誰かがいない時間が、ここまで全試合時間中の81%にもなっているというYahoo! Headlineに恥ずかしい記事が踊ってしまったここまでのジェフ。
「まずは11人で試合をする」というのは当たり前としても、ここまでの戦いを振り返ると昨季の7連勝時の勢いと強さは見る影もなくなってしまっており、あの時の並びでもある4-2-3-1(通称、船山システム)に戻せー!という声もあったり。
頑なに4-3-3(アンカーシステム)に拘っているようにも見えるエスナイデル監督のこと、私はこの先もアンカーシステムを継続するのではないかと思っていますが、今一度昨季終盤の強さ、勢いを産んだこの船山システムとは何だったのかをデータから紐解いてみたくなりました。
あの頃は良かったなぁ~という気持ちでお読みいただくのが最良。その中でも今季この最悪とも言える現状に活かせそうなエッセンスも皆さまで読み取っていただければと存じます。
データはご覧の提供でお送りします。
昨季、後に「船山システム」と呼ばれる4-2-3-1(並びは4-4-1-1とも)が採用されたのは、J2第36節ホーム岡山戦から。
熊谷アンドリューの件の出場停止措置により、アンカー役が不在となったため代役による4-3-3ではなく、中盤をCH2枚(佐藤勇人&矢田旭)、トップ下に清武功暉(実は最初は彼だった。試合途中から船山にチェンジ)を置く中央の[3]をひっくり返した三角形の形に変更。
この前のアウェイ京都戦もアンドリューは不在でしたが、並びは4-3-3でアンカーに佐藤勇人が入ったもののゲームは敗戦。
PO圏に食い込む最後のチャンスとも言えるタイミングでのシステム変更だったのです。
この試合以降、第39節アウェイ大分戦でアンドリューが戻っても船山システムは継続。チーム新記録の7連勝でご存知の通り、最終節の奇跡のPO滑り込みを果たしました。
そんな最終盤の怒涛の連勝を含めて、昨季第1節から最終節までの「30mライン進入成功率」、及び相手チームの同スタッツ(被30mライン進入成功率)の推移を下記に。
【図1】ジェフ千葉 30mライン進入成功率/被進入成功率 のシーズン推移(17年)
何故、「30mライン進入成功率」をグラフ化したのか?
ここでは載っけませんが、手元にあった昨季のデータをいくつか眺めた結果、このスタッツの点線部分に顕著に傾向が出ていたからなのです。
30mラインとは、相手ゴールラインから測って30mの位置のこと。所謂、バイタルエリアとも言い換えられるゾーン。
そこにボールを送り込めたプレーをカウントして、全攻撃回数(ボール前進)を母として割ることで、「30mライン進入成功率」としました。
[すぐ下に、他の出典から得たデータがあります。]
-- ===== src/Main/Empty.antt =====
-- src/main.c with src/runloop.c: taking the loop down when no module runs, and whole runs of a
-- configuration without a section.
use righack.Base.{ℕ, ◌≡◌, refl, ap, false, ◌∷◌, []}
use righack.External.{Uv, Os, Toml, Rig, cleanup_handle_cb}
use righack.Machine.{World, ok}
use righack.Machine.Objects.{Ptr}
use righack.Main.{call_event, call_closed, stop_lifecycle}
use righack.Main.Boot.{loaded}
use righack.Main.Interrupt.{with_signal, returned}
use righack.Module.{stop_each, module_stop_all}
use righack.Runloop.Loop.{closed_event, runloop_cleanup, cleanup_handle_cb_run}
use righack.Runloop.Loop.Cleanup.{
  CanEnd, closings, closing_handles, behind_walk, cleaned, runloop_cleanup_lem,
}

module _ {X : Type 0} ⦃uv : Uv X⦄ ⦃os : Os X⦄ ⦃toml : Toml X⦄ ⦃rig : Rig X⦄ where
  closed_calls :
      (fuel : ℕ) (p : Ptr) (w : World X)
      → call_event fuel (closed_event p cleanup_handle_cb) w ≡ cleanup_handle_cb_run p w
  unfolding call_event call_closed
  closed_calls fuel p w = refl

  stop_none : (w : World X) → w.running_modules ≡ [] → module_stop_all stop_lifecycle w ≡ ok tt w
  unfolding module_stop_all stop_each
  stop_none w none_ = ap (λ l. stop_each stop_lifecycle l w) none_

  -- Where no module is running, the loop and the signal handle are there, each handle that the walk
  -- closes is another block that is there, and libuv calls back for each of these and then finds the
  -- loop idle, `runloop_cleanup` returns: it has freed each of the handles, the signal handle and the
  -- loop once, and no other block.
  pub runloop_cleanup-empty :
      (fuel : ℕ) (w : World X)
      → w.running_modules ≡ []
      → CanEnd w
      → runloop_cleanup
          (call_event fuel)
          (module_stop_all stop_lifecycle)
          []
          (closings (closing_handles w))
          w
        ≡ ok tt (cleaned w)
  runloop_cleanup-empty fuel w none_ can =
      runloop_cleanup_lem (call_event fuel) (closed_calls fuel) (module_stop_all stop_lifecycle) w
        can (stop_none _ none_)

  -- The state in which the loop returns control, when there was nothing but an interrupt.
  abbrev pub idle_end : X → Ptr → World X
  idle_end y root =
      let w = with_signal (loaded y root) in
      returned (record w { ext = uv.stop_loop w.thread_loop w.ext })

  -- What libuv is taken to do at that end: of the handles that it walks only the prepare handle is
  -- not closing, and it does not find the loop busy then.
  pub record EndsIdle (y : X) (root : Ptr) : Type 0 where
    pub walked : closing_handles (idle_end y root) ≡ 2 ∷ []
    pub idle : (uv.loop_close 1 (behind_walk (idle_end y root))).0 ≡ false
シーズンを通じて言える傾向は、ジェフの場合ハイプレス&ハイライン戦術によって相手陣内でプレーをする時間を長くしようとするため、自ずと30mライン進入が、被進入よりも多くなるということ。
可視化でも自明の通り、青線がオレンジの線よりも上側に位置している試合がほとんどです。
それが、点線でマークした昨季ラスト7節、つまり「船山システム」を採用した試合では、その差が殆どなく逆転している試合もあるというそれ以前にはあまり見られなかった傾向が7節固まっていることが分かるかと。
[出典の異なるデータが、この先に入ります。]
-- ===== src/Main/Radios.antt =====
-- src/drivers/vserial.c with src/modules/test.c: the radios' push-to-talk through events of several
-- ports.
use righack.Base.{false, ◌≢◌, ℕ, ◌≡◌, ◌∙◌, subst, sym, Bool, List, [], ◌∷◌}
use righack.External.{Uv, Os, Toml, Rig, UvEvents}
use righack.Machine.{World, Outcome, ok, stop}
use righack.Machine.Objects.{Ptr}
use righack.Main.{call_event}
use righack.Main.Events.{event_keys, IsPoll-Keeps}
use righack.Main.Polled.{pick}
use righack.Main.Ptt.{KeysOrDies}
use righack.Main.Wired.{Keeps-refl}
use righack.Runloop.Loop.{poll_event, uv_run}
use righack.Main.Followed.{
  wire_events, FollowedOrDies, AreFollowed, Wire, IsFollowed, then_all, IsFollowed-SameBut,
  pick-IsFollowed, AdvancesOrDies, AreApart,
}

module _ {X : Type 0} ⦃uv : Uv X⦄ ⦃os : Os X⦄ ⦃toml : Toml X⦄ ⦃rig : Rig X⦄
    (InStep : X → Ptr → Bool → Type 0)
    (set_law : (h : Ptr) (b old : Bool) (x : X)
      → InStep x h old
      → (rig.set_ptt h b x).0 ≡ false
      → InStep (rig.set_ptt h b x).1 h b)
    (other_law : (h g : Ptr) (b b' : Bool) (x : X)
      → g ≢ h
      → InStep x g b'
      → InStep (rig.set_ptt h b x).1 g b')
    (read_law : (fd : ℕ) (x : X) (h : Ptr) (b : Bool) → InStep x h b → InStep (os.read fd x).1 h b)
    (fuel : ℕ) where
  -- The radio `r` is in step, and every other one as it was in `x0`.
  abbrev KeepsStep : X → Ptr → X → Ptr → Bool → Type 0
  KeepsStep x0 r x g b =
      (g ≡ r) × InStep x r b × ((h : Ptr) (b' : Bool) → h ≢ r → InStep x0 h b' → InStep x h b')

  advance_lem :
      (w : World X) (handle radio : Ptr) (o : Outcome X (Unit {0}))
      (f : IsFollowed InStep w handle radio)
      → KeysOrDies (KeepsStep w.ext radio) w f.poll.context o
      → AdvancesOrDies InStep w (handle, radio) o
  advance_lem w handle radio (ok t w') f k = record {
    keeps = k.1;
    this = record {
      at = f.at;
      poll = f.poll;
      private = f.private;
      is_poll = IsPoll-Keeps f.is_poll k.1;
      is_cb = f.is_cb;
      at_handle = f.at_handle;
      context = k.0.context;
      port = k.0.port;
      driver = k.0.driver;
      user = k.0.user;
      wired = k.0.wired;
      at_radio = k.0.synced.0;
      synced = k.0.synced.1;
    };
    others =
        IsFollowed-SameBut InStep w w' f.poll.context radio f.wired f.at_radio k.1 k.2
          (λ r b ne s. k.0.synced.2 r b ne s);
  }
  advance_lem w handle radio (stop s w') f k = k

  event_advances :
      (w : World X) (handle radio : Ptr) (failed : Bool) (e : UvEvents)
      → IsFollowed InStep w handle radio
      → AdvancesOrDies InStep w (handle, radio) (call_event fuel (poll_event handle failed e) w)
  event_advances w handle radio failed e f = advance_lem w handle radio _ f (
      subst
        (λ q.
          KeysOrDies (KeepsStep w.ext radio) w f.poll.context
            (call_event fuel (poll_event q failed e) w))
        f.at_handle
        (event_keys (KeepsStep w.ext radio)
          (λ h b old x was done. (
            was.0,
            subst (λ g. InStep (rig.set_ptt h b x).1 g b) was.0
                (set_law h b old x (subst (λ g. InStep x g old) (sym was.0) was.1) done),
            λ g b' ne s. other_law h g b b' x (λ eq. ne (eq ∙ was.0)) (was.2 g b' ne s),
          ))
          (λ fd x h b was.
            (was.0, read_law fd x radio b was.1, λ g b' ne s. read_law fd x g b' (was.2 g b' ne s)))
          fuel f.at f.poll f.private f.is_cb w failed e f.is_poll
          (record {
            context = f.context;
            port = f.port;
            driver = f.driver;
            user = f.user;
            wired = f.wired;
            synced = (f.at_radio, f.synced, λ g b' ne s. s);
          })))

  -- Through any events that libuv reports for the handles of several ports, in any order, errors and
  -- all masks included, every radio stays in step with the lines that the driver keeps for its own
  -- port, if no two ports share a radio; all blocks stay as they are but the contexts of ports. Or
  -- the process ends by `util_fatal`; no memory fault is possible. Setting a radio is taken to keep it
  -- in step with what was set and to leave the other ones as they are, and `read` to change none.
  pub uv_run-AreFollowed :
      (w : World X) (a : Wire) (wires : List Wire) (es : List (ℕ × Bool × UvEvents))
      → AreApart (a ∷ wires)
      → AreFollowed InStep w a wires
      → FollowedOrDies InStep w a wires (uv_run (call_event fuel) (wire_events a wires es) w)
  unfolding uv_run
  uv_run-AreFollowed w a wires [] apart f = (f, Keeps-refl w)
  uv_run-AreFollowed w a wires ((k, failed, e) ∷ es) apart f =
      then_all InStep w a wires k (call_event fuel (poll_event (pick a wires k).0 failed e) w)
        (uv_run (call_event fuel) (wire_events a wires es)) apart f
        (event_advances w (pick a wires k).0 (pick a wires k).1 failed e
          (pick-IsFollowed InStep w a wires k f))
        (λ w1 f1. uv_run-AreFollowed w1 a wires es apart f1)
これはつまり、相手陣内へ押し込む頻度が多い一方で自陣バイタルエリアへの進入を殆ど許さなかったこれまでの試合から、自分たちが相手バイタルエリアへ進入するのと同じくらい相手にバイタルエリアへの進入を許した試合へと変化した事を意味します。
つまり、「それまで一方的に相手を殴っていたやり方から、相手にも殴らせるようなやり方に変えた」ということ。
普通に考えれば、一方的に殴り続けるやり方の方が強いイメージを抱きますよね?
ところが、一方的に殴り続けても相手を倒し切るまでには至らず、反対にカウンターパンチを喰らって一撃で返り討ちに遭う展開が少なくなかったのが、昨季船山システム以前までのジェフだったかと。
相手にも殴らせるようになったら、相手を倒せるようになった、というのはどういうことなのか、次項から詳しく見ていきます。
【図2】ジェフ千葉 36節以前と以降の攻撃歩留り率/被歩留り率 比較(17年)
昨季全42節を第1節~35節と第36節~42節に分けて、攻撃における歩留り率と対戦チームの同歩留り率(ジェフにとっては被歩留り率)を上下に併記。
上がジェフ、下に対戦相手をとりました。
グラフ右側に行くほどゴールに近づくアクションの効率を指しています。
ジェフ側から見ていくと、青の7連勝前までは「30mライン進入成功率」が35.4%という数値。ジェフの攻撃/ボール前進の実に35%が相手バイタルエリアまで持ち込めているということ。これはかなり高い数字でして、ハイプレス&ハイライン戦術の破壊力のバロメーター。
ただ、ここの数値が高かろうと相手を倒し切れる訳ではないことは、前述の通り。
「シュート到達率」より先の指標を見ていくと、船山システム採用以降が軒並み高くなっています。シュート到達率はほぼ同水準も「枠内シュート到達率」、「決定率」は40%に迫ろうかという数値。
下側の対戦相手を見ていくと、30mライン進入成功率は35節までは僅か18%。
3回に1回以上はバイタルエリアに持ち込めるジェフに対して、5回に1回もジェフゴール前へ運べないということ。これはジェフに自陣に押し込められてしまう、裏に蹴り出してもオフサイドに掛かってしまう等、ハイラインによってボール前進を阻まれている事の証左。バイタルエリアへまともにボールを送り込めない故にシュート到達率も10%に満たない数値に。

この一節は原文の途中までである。